Linezolid bested vancomycin for treatment of nosocomial pneumonia due to
MRSA
IDSA
48th Annual Meeting
Linezolid had an end-of-study success rate that was more than 10% higher
than vancomycin in patients with nosocomial or health care-associated pneumonia
due to Methicillin-resistant Staphylococcus aureus, according to
findings presented at the 48th Annual Meeting of the Infectious Diseases
Society of America.
Jean E. Chastre, MD, of the Reanimation Medicale,
Pitie-Salpetriere Hospital in Paris, France, presented the results of the
phase-4 randomized, doubleblind trial that was conducted in 156 centers
worldwide, including 90 sites in the US.
The aim was to compare the efficacy and safety of linezolid with
vancomycin in nosocomial or healthcareassociated pneumonia due to proven
MRSA, according to the results.
There were 1,225 adult participants randomly assigned in a 1:1 ratio to
IV linezolid 600 mg twice a day or vancomycin 15 mg/kg twice
a day. The treatment period was seven to 14 days. Patients were evaluated for
safety and efficacy at the end of treatment and at the end of the study, which
was determined to be 7 to 30 days after the end of treatment.
Protocols
The non-inferiority trial had a nested superiority hypothesis. The
researchers conducted three analyses: intention-to-treat (ITT); modified ITT
(mITT), which involved patients with proven MRSA nosocomial pneumonia; and, per
protocol, which included patients in the mITT group who met key protocol
criteria.
The primary endpoint was the clinical outcome at the end of study in the
per-protocol group. Secondary endpoints included the clinical outcome at the
end of treatment, microbiologic outcome at the end of study and
end-of-treatment outcomes in the mITT group as well as ITT safety and
tolerability.
We defined cure as the resolution of all signs and symptoms of
pneumonia, Chastre said. We defined improvement as improvement of
two or more clinical signs of pneumonia, and failure as persistence or
progression of infection.
Among 1,184 patients who were treated, 38% were evaluable in the mITT
analysis and 29% were evaluable in the per-protocol group at the end of the
study. The two groups were comparable regarding baseline characteristics and
clinical parameters.
The mean per-protocol APACHE-II scores were 17.2 among patients
receiving linezolid and 17.4 among patients receiving vancomycin. Sixty-seven
percent of linezolid patients and 74% of vancomycin patients in the
per-protocol analysis were ventilated.
Results
Results indicated that 57.6% of patients in the linezolid group and
46.6% of patients in the vancomycin group achieved end-of-study success. This
resulted in both non-inferiority (95% CI, 0.5%, 21.6%) and statistical
superiority (P=.042).
This is an absolute difference of 11 percentage points,
Chastre said. Based on our pre-specified plan, linezolid was not only
non-inferior but superior to vancomycin.
Chastre said that secondary endpoints were consistent with primary
endpoint results. We saw statistical superiority for success rates in
several categories, including 83% for linezolid and 70% for vancomycin in the
end-of-treatment per-protocol analysis. In the mITT group, it was 80% vs. 68%
in favor of linezolid.Chastre also noted statistically significant
superiority for linezolid in eradicating the pathogen, 80% vs. 61%.
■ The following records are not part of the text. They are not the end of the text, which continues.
-- ===== src/Witness/Rlp.antt =====
-- RLP: two strings in a list, read back.
use account_mapping.Prelude.{◌<◌, ◌≤◌, ◌≡◌, refl, [], ◌∷◌, ◌++◌, Bytes, length, arith}
use account_mapping.Result.{ok}
use account_mapping.Rlp.Item.{Item, data_item, list_item, nil, cons}
use account_mapping.Rlp.Encode.{reencode_item}
use account_mapping.Rlp.Decode.{decode, decode_children, decode_item}
use account_mapping.Rlp.Bounds.{decode_bounds, decode_children_terminates}
use account_mapping.Rlp.Inverse.{IsDecodable, decode-reencode_item}

abbrev cat_dog : Item
cat_dog = list_item (cons (data_item (99 ∷ 97 ∷ 116 ∷ [])) (cons (data_item (5 ∷ [])) nil))

abbrev cat_dog_bytes : Bytes
cat_dog_bytes = 0xc5 ∷ 0x83 ∷ 99 ∷ 97 ∷ 116 ∷ 5 ∷ []

cat_dog-decoded : decode cat_dog_bytes ≡ ok (cat_dog, 6)
unfolding account_mapping.Rlp.Decode.decode_list_at account_mapping.Rlp.Decode.decode_prefix
    account_mapping.Rlp.Decode.decode_short_string decode decode_children
cat_dog-decoded = refl

decode_bounds_example : (0 < 6) × (6 ≤ length cat_dog_bytes)
decode_bounds_example =
    decode_bounds cat_dog_bytes {i = cat_dog} {n = 6} (omega arith) cat_dog-decoded

decode_children_terminates_example :
    decode_children (decode_item 20 cat_dog_bytes) 6 1 6
    ≡ decode_children (decode_item 20 cat_dog_bytes) 100 1 6
decode_children_terminates_example =
    decode_children_terminates 20 6 100 1 6 cat_dog_bytes (omega arith) (omega arith) (omega arith)
      (omega arith)

cat_dog-IsDecodable : IsDecodable 21 cat_dog
unfolding IsDecodable
cat_dog-IsDecodable = (omega arith, ((omega arith, omega arith), ((omega arith, omega arith), tt)))

cat_dog-short : length (reencode_item cat_dog ++ 7 ∷ []) < 1_073_741_824
unfolding account_mapping.Rlp.Encode.encode_bytes account_mapping.Rlp.Encode.encode_list
    reencode_item
cat_dog-short = omega arith

decode-reencode_item_example :
    decode (reencode_item cat_dog ++ 7 ∷ []) ≡ ok (cat_dog, length (reencode_item cat_dog))
decode-reencode_item_example =
    decode-reencode_item cat_dog (7 ∷ []) cat_dog-IsDecodable cat_dog-short
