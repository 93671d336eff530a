-- ===== src/Witness/Transfers.antt =====
-- Transfers.
use account_mapping.Prelude.{
  ◌≡◌, refl, true, false, none, some, if◌then◌else◌, List, [], ◌∷◌, ◌++◌, Bytes, bytes, eqb, ℤ, pos,
  ◌-ℤ◌, ◌+ℤ◌, ◌<ℤ◌, ◌≤ℤ◌,
}
use account_mapping.Result.{ok, err, contract_error, balance}
use account_mapping.Host.State.{State}
use account_mapping.Mapping.Balance.{get_balance, get_allowance}
use account_mapping.Mapping.Balance.Laws.{IsDistinct, contains, total}
use account_mapping.Mapping.Transfers.{
  TransferParams, positive_amount, handle_transfer, handle_transfer_from,
}
use account_mapping.Mapping.Transfers.Conserve.{
  transfer_conserves, transfer_moves, transfer_atomic, transfer_from_conserves,
  transfer_debits_dashed_account,
}
use account_mapping.Mapping.Solvency.{IsSolvent}
use account_mapping.Mapping.Transfers.Solvent.{transfer-IsSolvent}
use account_mapping.Witness.Ledger.{world-IsSolvent}
use account_mapping.Witness.World.{host, alice, bob, world, to_bob}

abbrev both : List Bytes
both = alice ∷ bob ∷ []

both-IsDistinct : IsDistinct both
unfolding account_mapping.Codec.Decimal.parse_amount account_mapping.Mapping.Balance.allowance_key
    account_mapping.Mapping.Balance.balance_key account_mapping.Mapping.Balance.dec_balance
    account_mapping.Mapping.Balance.stored_amount account_mapping.Mapping.Registry.is_paused eqb
    get_allowance get_balance handle_transfer handle_transfer_from positive_amount
both-IsDistinct = (refl, (refl, tt))

alice-listed : contains alice both ≡ true
unfolding account_mapping.Codec.Decimal.parse_amount account_mapping.Mapping.Balance.allowance_key
    account_mapping.Mapping.Balance.balance_key account_mapping.Mapping.Balance.dec_balance
    account_mapping.Mapping.Balance.stored_amount account_mapping.Mapping.Registry.is_paused eqb
    get_allowance get_balance handle_transfer handle_transfer_from positive_amount
alice-listed = refl

bob-listed : contains bob both ≡ true
unfolding account_mapping.Codec.Decimal.parse_amount account_mapping.Mapping.Balance.allowance_key
    account_mapping.Mapping.Balance.balance_key account_mapping.Mapping.Balance.dec_balance
    account_mapping.Mapping.Balance.stored_amount account_mapping.Mapping.Registry.is_paused eqb
    get_allowance get_balance handle_transfer handle_transfer_from positive_amount
bob-listed = refl

two_people : eqb alice bob ≡ false
unfolding account_mapping.Codec.Decimal.parse_amount account_mapping.Mapping.Balance.allowance_key
    account_mapping.Mapping.Balance.balance_key account_mapping.Mapping.Balance.dec_balance
    account_mapping.Mapping.Balance.stored_amount account_mapping.Mapping.Registry.is_paused eqb
    get_allowance get_balance handle_transfer handle_transfer_from positive_amount
two_people = refl

abbrev sent : State
sent = (handle_transfer (host alice 20) to_bob world).1

sent-ok : handle_transfer (host alice 20) to_bob world ≡ (ok tt, sent)
unfolding account_mapping.Codec.Decimal.parse_amount account_mapping.Mapping.Balance.allowance_key
    account_mapping.Mapping.Balance.balance_key account_mapping.Mapping.Balance.dec_balance
    account_mapping.Mapping.Balance.stored_amount account_mapping.Mapping.Registry.is_paused eqb
    get_allowance get_balance handle_transfer handle_transfer_from positive_amount
sent-ok = refl

transfer_conserves_example : total sent (bytes "eth") both ≡ total world (bytes "eth") both
transfer_conserves_example =
    transfer_conserves (host alice 20) to_bob world both sent-ok both-IsDistinct alice-listed
      bob-listed

transfer-IsSolvent_example : IsSolvent (bytes "eth") both sent
transfer-IsSolvent_example =
    transfer-IsSolvent (host alice 20) to_bob world both sent-ok both-IsDistinct alice-listed
      bob-listed world-IsSolvent

transfer_moves_example :
    (v : ℤ) × (positive_amount to_bob.amount_text ≡ ok v)
    × (pos 0 <ℤ v)
    × (v ≤ℤ get_balance world alice (bytes "eth"))
    × (get_balance sent alice (bytes "eth") ≡ get_balance world alice (bytes "eth") -ℤ v)
    × (get_balance sent bob (bytes "eth") ≡ get_balance world bob (bytes "eth") +ℤ v)
transfer_moves_example = transfer_moves (host alice 20) to_bob world sent-ok two_people

-- Bob has nothing to send.
refused :
    (handle_transfer (host bob 20) to_bob world).0
    ≡ err (contract_error balance "insufficient balance")
unfolding account_mapping.Codec.Decimal.parse_amount account_mapping.Mapping.Balance.allowance_key
    account_mapping.Mapping.Balance.balance_key account_mapping.Mapping.Balance.dec_balance
    account_mapping.Mapping.Balance.stored_amount account_mapping.Mapping.Registry.is_paused eqb
    get_allowance get_balance handle_transfer handle_transfer_from positive_amount
refused = refl

transfer_atomic_example : (handle_transfer (host bob 20) to_bob world).1 ≡ world
transfer_atomic_example = transfer_atomic (host bob 20) to_bob world refused

-- Bob takes half an ether of Alice's by his allowance.
abbrev taken : State
taken = (handle_transfer_from (host bob 20) to_bob world).1

taken-ok : handle_transfer_from (host bob 20) to_bob world ≡ (ok tt, taken)
unfolding account_mapping.Codec.Decimal.parse_amount account_mapping.Mapping.Balance.allowance_key
    account_mapping.Mapping.Balance.balance_key account_mapping.Mapping.Balance.dec_balance
    account_mapping.Mapping.Balance.stored_amount account_mapping.Mapping.Registry.is_paused eqb
    get_allowance get_balance handle_transfer handle_transfer_from positive_amount
taken-ok = refl

transfer_from_conserves_example :
    (v : ℤ) × (positive_amount to_bob.amount_text ≡ ok v)
    × (v ≤ℤ get_allowance world alice bob (bytes "eth"))
    × (get_allowance taken alice bob (bytes "eth")
        ≡ get_allowance world alice bob (bytes "eth") -ℤ v)
    × (total taken (bytes "eth") both ≡ total world (bytes "eth") both)
transfer_from_conserves_example =
    transfer_from_conserves (host bob 20) to_bob world both taken-ok both-IsDistinct alice-listed
      bob-listed

-- The account "hive" spends what "hive-x" holds.
abbrev dashed_world : State
dashed_world = record world {
  balances = λ k. if eqb k (bytes "hive-x-eth") then some (bytes "1000000000000000000") else none;
}

abbrev dashed : TransferParams
dashed = record to_bob { asset = bytes "x-eth" }

abbrev stolen : State
stolen = (handle_transfer (host (bytes "hive") 20) dashed dashed_world).1

stolen-ok : handle_transfer (host (bytes "hive") 20) dashed dashed_world ≡ (ok tt, stolen)
unfolding account_mapping.Codec.Decimal.parse_amount account_mapping.Mapping.Balance.balance_key
    account_mapping.Mapping.Balance.dec_balance account_mapping.Mapping.Balance.stored_amount
    account_mapping.Mapping.Registry.is_paused eqb get_balance handle_transfer positive_amount
stolen-ok = refl

other_people : eqb (bytes "hive") bob ≡ false
unfolding eqb
other_people = refl

transfer_debits_dashed_account_example :
    (v : ℤ) × (positive_amount dashed.amount_text ≡ ok v)
    × (pos 0 <ℤ v)
    × (get_balance stolen (bytes "hive" ++ (bytes "-" ++ bytes "x")) (bytes "eth")
        ≡ get_balance dashed_world (bytes "hive" ++ (bytes "-" ++ bytes "x")) (bytes "eth") -ℤ v)
transfer_debits_dashed_account_example =
    transfer_debits_dashed_account (host (bytes "hive") 20) dashed dashed_world (bytes "x")
      (bytes "eth") refl stolen-ok other_people
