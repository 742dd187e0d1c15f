-- ===== src/Colecoes/Laws.antt =====
-- Laws of the sort and of the groups that the tools use.
use engine_motor.Prelude.{
  ℕ, ◌+◌, arith, ◌≡◌, refl, sym, Bool, true, Bool-cases, inl, inr, List, [], ◌∷◌, All, All-append,
}
use engine_motor.Colecoes.{inserir, ordenar_de, ordenar, acrescentar, agrupar}

-- The sort keeps what holds of every element.
module _ {ℓ κ} {A : Type ℓ} (antes : A → A → Bool) (P : A → Type κ) where
  All-inserir : (x : A) (xs : List A) → P x → All P xs → All P (inserir antes x xs)
  unfolding inserir
  All-inserir x [] p h = (p, tt)
  All-inserir x (y ∷ ys) p h = elim (Bool-cases (antes y x)) [
    | inl e ↦ rw e (h.0, All-inserir x ys p h.1)
    | inr e ↦ rw e (p, h)
  ]

  All-ordenar_de : (feito xs : List A) → All P feito → All P xs → All P (ordenar_de antes feito xs)
  unfolding ordenar_de
  All-ordenar_de feito [] h k = h
  All-ordenar_de feito (x ∷ xs) h k =
      All-ordenar_de (inserir antes x feito) xs (All-inserir x feito k.0 h) k.1

  pub All-ordenar : (xs : List A) → All P xs → All P (ordenar antes xs)
  unfolding ordenar
  All-ordenar xs h = All-ordenar_de [] xs tt h

-- In a group every element has the key of the group, and what holds of all that were grouped.
module _ {ℓ κ μ} {K : Type ℓ} {A : Type κ} (igual : K → K → Bool)
    (sound : (a b : K) → igual a b ≡ true → a ≡ b) (chave : A → K) (P : A → Type μ) where
  abbrev pub IsMember : K → A → Type (ℓ ⊔ μ)
  IsMember k a = (chave a ≡ k) × P a

  abbrev pub IsGroup : K × List A → Type (ℓ ⊔ μ)
  IsGroup g = All (IsMember g.0) g.1

  acrescentar-All :
      (a : A) (gs : List (K × List A))
      → P a
      → All IsGroup gs
      → All IsGroup (acrescentar igual (chave a) a gs)
  unfolding acrescentar
  acrescentar-All a [] p h = (((refl, p), tt), tt)
  acrescentar-All a ((c, ms) ∷ gs) p h = elim (Bool-cases (igual c (chave a))) [
    | inl e ↦
        let same : c ≡ chave a = sound c (chave a) e in
        rw e (All-append (IsMember c) ms (a ∷ []) h.0 ((sym same, p), tt), h.1)
    | inr e ↦ rw e (h.0, acrescentar-All a gs p h.1)
  ]

  pub agrupar-All :
      (xs : List A) (gs : List (K × List A))
      → All P xs
      → All IsGroup gs
      → All IsGroup (agrupar igual chave xs gs)
  unfolding agrupar
  agrupar-All [] gs p h = h
  agrupar-All (a ∷ xs) gs p h =
      agrupar-All xs (acrescentar igual (chave a) a gs) p.1 (acrescentar-All a gs p.0 h)

-- A measure that adds up over a list is kept by the sort.
module _ {ℓ} {A : Type ℓ} (antes : A → A → Bool) (peso : A → ℕ) where
  abbrev pub soma : List A → ℕ
  soma [] = 0
  soma (x ∷ xs) = peso x + soma xs

  soma-inserir : (x : A) (xs : List A) → soma (inserir antes x xs) ≡ peso x + soma xs
  unfolding inserir
  soma-inserir x [] = refl
  soma-inserir x (y ∷ ys) = elim (Bool-cases (antes y x)) [
    | inl e ↦ rw e (omega (arith, soma-inserir x ys))
    | inr e ↦ rw e
  ]

  soma-ordenar_de : (feito xs : List A) → soma (ordenar_de antes feito xs) ≡ soma feito + soma xs
  unfolding ordenar_de
  soma-ordenar_de feito [] = omega arith
  soma-ordenar_de feito (x ∷ xs) =
      omega (arith, soma-ordenar_de (inserir antes x feito) xs, soma-inserir x feito)

  pub soma-ordenar : (xs : List A) → soma (ordenar antes xs) ≡ soma xs
  unfolding ordenar
  soma-ordenar xs = omega (arith, soma-ordenar_de [] xs)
There were 54 deaths and 145 serious adverse events five of
which were treatment-related in the linezolid arm and 59 deaths and 141
serious adverse events 13 of which were treatment-related in the
vancomycin arm over 60 days of follow-up, Chastre said.
There were 1,471 adverse events among 378 patients in the linezolid arm
and 1,580 adverse events reported by 410 patients receiving vancomycin. There
were 168 treatment-related adverse events among 97 linezolid patients and 192
treatment-related adverse events among 108 vancomycin patients.